Quote exactly and only this range of lines in the data below: the line that holds "rw (rest, left, add-one) refl" to the line that holds "apply_loop_lem zero n", both included.

+ + + + +

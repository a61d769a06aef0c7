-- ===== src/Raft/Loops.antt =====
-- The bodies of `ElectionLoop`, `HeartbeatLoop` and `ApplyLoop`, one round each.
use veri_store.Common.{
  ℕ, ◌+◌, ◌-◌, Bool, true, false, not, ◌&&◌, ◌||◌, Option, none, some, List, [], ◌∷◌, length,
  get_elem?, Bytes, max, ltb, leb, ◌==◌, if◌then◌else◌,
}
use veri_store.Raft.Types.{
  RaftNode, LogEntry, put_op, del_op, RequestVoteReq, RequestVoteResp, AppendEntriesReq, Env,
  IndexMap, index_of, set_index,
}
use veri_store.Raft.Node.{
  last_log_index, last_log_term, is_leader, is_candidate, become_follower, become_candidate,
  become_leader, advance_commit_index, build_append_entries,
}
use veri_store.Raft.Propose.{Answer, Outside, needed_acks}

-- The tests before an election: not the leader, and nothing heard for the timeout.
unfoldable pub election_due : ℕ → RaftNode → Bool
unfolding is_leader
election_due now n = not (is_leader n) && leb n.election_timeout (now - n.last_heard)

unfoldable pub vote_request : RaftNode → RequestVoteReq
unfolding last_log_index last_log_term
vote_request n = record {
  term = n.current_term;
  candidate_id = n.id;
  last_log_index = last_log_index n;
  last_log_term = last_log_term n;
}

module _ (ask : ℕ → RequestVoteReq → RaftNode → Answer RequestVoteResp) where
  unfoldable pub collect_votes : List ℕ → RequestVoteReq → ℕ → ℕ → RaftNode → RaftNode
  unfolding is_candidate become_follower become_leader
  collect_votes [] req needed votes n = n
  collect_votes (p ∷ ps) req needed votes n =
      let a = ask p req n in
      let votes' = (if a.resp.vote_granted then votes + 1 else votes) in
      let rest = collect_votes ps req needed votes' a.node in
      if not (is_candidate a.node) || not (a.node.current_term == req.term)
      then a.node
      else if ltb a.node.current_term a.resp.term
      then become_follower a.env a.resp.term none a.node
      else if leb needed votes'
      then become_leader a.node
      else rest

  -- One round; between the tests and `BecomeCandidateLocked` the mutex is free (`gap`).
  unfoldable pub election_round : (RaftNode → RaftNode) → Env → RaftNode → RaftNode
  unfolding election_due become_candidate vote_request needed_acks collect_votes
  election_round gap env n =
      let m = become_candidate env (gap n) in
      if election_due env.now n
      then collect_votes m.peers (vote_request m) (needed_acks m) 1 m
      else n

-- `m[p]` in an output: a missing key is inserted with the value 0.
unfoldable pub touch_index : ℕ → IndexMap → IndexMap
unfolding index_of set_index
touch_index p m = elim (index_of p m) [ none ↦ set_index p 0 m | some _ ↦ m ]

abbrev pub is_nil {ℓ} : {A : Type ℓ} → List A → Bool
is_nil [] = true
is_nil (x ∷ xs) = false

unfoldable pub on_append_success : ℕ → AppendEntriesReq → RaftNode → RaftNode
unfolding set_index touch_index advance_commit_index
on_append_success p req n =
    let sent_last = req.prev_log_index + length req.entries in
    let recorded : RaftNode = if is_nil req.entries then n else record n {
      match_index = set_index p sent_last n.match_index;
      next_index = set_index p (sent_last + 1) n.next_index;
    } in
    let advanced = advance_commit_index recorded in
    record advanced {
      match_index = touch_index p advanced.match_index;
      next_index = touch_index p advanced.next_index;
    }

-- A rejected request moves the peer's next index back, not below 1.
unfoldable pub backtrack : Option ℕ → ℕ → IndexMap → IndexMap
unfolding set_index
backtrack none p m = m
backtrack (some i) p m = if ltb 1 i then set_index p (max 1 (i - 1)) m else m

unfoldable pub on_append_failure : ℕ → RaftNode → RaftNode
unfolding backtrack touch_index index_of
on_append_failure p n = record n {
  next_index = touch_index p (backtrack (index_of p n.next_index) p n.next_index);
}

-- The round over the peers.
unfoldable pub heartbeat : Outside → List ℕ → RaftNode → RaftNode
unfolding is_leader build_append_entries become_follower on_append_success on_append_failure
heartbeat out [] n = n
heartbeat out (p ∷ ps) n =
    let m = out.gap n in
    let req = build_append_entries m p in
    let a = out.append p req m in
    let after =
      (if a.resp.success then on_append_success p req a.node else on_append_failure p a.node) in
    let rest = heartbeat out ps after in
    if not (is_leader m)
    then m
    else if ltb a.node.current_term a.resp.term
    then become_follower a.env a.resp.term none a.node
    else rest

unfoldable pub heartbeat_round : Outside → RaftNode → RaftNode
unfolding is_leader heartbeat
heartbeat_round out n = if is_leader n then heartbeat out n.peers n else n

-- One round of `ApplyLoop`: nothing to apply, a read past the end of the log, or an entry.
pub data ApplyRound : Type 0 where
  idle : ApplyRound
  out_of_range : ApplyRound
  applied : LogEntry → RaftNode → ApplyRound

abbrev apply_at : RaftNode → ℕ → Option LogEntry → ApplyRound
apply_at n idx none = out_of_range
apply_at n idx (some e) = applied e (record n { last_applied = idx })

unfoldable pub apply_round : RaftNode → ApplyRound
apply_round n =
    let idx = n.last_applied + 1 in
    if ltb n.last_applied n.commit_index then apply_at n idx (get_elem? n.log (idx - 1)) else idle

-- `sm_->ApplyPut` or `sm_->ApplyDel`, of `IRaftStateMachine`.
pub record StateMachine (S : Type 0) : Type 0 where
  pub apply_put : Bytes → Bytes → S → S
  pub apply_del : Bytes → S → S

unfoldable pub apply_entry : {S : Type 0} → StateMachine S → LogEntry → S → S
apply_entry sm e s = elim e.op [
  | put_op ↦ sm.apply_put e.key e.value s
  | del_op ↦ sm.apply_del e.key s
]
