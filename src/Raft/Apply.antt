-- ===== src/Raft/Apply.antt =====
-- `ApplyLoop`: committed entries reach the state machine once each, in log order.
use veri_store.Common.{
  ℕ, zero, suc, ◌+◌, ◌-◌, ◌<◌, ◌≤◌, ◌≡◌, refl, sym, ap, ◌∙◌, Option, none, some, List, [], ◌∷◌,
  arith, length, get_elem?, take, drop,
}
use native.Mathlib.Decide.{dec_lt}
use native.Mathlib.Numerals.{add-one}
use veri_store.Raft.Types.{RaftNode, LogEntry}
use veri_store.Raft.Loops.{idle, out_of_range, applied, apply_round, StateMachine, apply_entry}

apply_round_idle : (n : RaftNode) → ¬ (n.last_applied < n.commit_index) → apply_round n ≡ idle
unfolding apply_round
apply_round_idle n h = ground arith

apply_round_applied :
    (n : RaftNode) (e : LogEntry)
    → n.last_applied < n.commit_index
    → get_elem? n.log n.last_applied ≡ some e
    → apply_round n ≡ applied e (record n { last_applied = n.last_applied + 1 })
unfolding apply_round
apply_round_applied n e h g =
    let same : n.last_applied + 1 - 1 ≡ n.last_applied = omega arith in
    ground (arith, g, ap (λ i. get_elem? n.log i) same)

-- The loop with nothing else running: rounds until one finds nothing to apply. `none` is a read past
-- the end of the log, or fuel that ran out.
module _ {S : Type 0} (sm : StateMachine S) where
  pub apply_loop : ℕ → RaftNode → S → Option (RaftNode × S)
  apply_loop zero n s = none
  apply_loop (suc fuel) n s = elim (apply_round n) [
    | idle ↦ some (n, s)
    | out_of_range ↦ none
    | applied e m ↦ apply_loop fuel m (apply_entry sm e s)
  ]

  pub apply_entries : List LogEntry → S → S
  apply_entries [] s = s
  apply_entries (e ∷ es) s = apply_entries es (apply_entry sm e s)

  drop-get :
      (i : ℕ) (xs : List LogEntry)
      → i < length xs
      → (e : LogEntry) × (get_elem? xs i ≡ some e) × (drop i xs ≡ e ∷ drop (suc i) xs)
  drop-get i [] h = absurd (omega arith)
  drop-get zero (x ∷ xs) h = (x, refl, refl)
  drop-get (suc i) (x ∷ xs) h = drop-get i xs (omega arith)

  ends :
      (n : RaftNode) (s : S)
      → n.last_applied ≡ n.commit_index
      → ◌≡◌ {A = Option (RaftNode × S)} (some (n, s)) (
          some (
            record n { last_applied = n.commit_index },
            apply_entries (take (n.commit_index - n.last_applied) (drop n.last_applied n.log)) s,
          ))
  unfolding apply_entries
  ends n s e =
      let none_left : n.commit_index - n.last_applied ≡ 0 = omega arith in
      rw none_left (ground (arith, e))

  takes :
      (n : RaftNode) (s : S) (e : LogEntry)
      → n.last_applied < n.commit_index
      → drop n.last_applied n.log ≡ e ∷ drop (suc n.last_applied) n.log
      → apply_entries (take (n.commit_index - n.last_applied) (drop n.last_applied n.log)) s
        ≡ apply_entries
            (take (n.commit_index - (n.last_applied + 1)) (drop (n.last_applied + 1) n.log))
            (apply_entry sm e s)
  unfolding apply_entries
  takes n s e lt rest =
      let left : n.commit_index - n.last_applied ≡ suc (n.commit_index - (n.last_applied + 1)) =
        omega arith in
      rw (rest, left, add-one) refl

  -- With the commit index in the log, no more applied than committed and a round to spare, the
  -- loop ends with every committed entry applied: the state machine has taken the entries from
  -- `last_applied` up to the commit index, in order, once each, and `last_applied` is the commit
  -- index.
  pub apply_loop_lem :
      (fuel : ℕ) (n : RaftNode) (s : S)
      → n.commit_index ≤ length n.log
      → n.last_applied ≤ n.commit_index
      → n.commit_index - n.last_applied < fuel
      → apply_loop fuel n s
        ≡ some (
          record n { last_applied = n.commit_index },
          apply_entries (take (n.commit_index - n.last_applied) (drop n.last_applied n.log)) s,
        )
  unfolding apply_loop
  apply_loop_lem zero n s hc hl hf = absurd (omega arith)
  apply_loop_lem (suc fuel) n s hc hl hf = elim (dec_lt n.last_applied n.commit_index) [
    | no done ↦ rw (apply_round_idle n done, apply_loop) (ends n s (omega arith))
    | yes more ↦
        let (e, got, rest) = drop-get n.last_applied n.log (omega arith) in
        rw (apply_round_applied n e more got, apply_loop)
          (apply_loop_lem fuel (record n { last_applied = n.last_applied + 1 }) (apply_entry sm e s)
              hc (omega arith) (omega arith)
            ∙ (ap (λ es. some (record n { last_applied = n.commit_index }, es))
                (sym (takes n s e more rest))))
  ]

+ + + + +

Answer for this exercise »
      rw (rest, left, add-one) refl

  -- With the commit index in the log, no more applied than committed and a round to spare, the
  -- loop ends with every committed entry applied: the state machine has taken the entries from
  -- `last_applied` up to the commit index, in order, once each, and `last_applied` is the commit
  -- index.
  pub apply_loop_lem :
      (fuel : ℕ) (n : RaftNode) (s : S)
      → n.commit_index ≤ length n.log
      → n.last_applied ≤ n.commit_index
      → n.commit_index - n.last_applied < fuel
      → apply_loop fuel n s
        ≡ some (
          record n { last_applied = n.commit_index },
          apply_entries (take (n.commit_index - n.last_applied) (drop n.last_applied n.log)) s,
        )
  unfolding apply_loop
  apply_loop_lem zero n s hc hl hf = absurd (omega arith)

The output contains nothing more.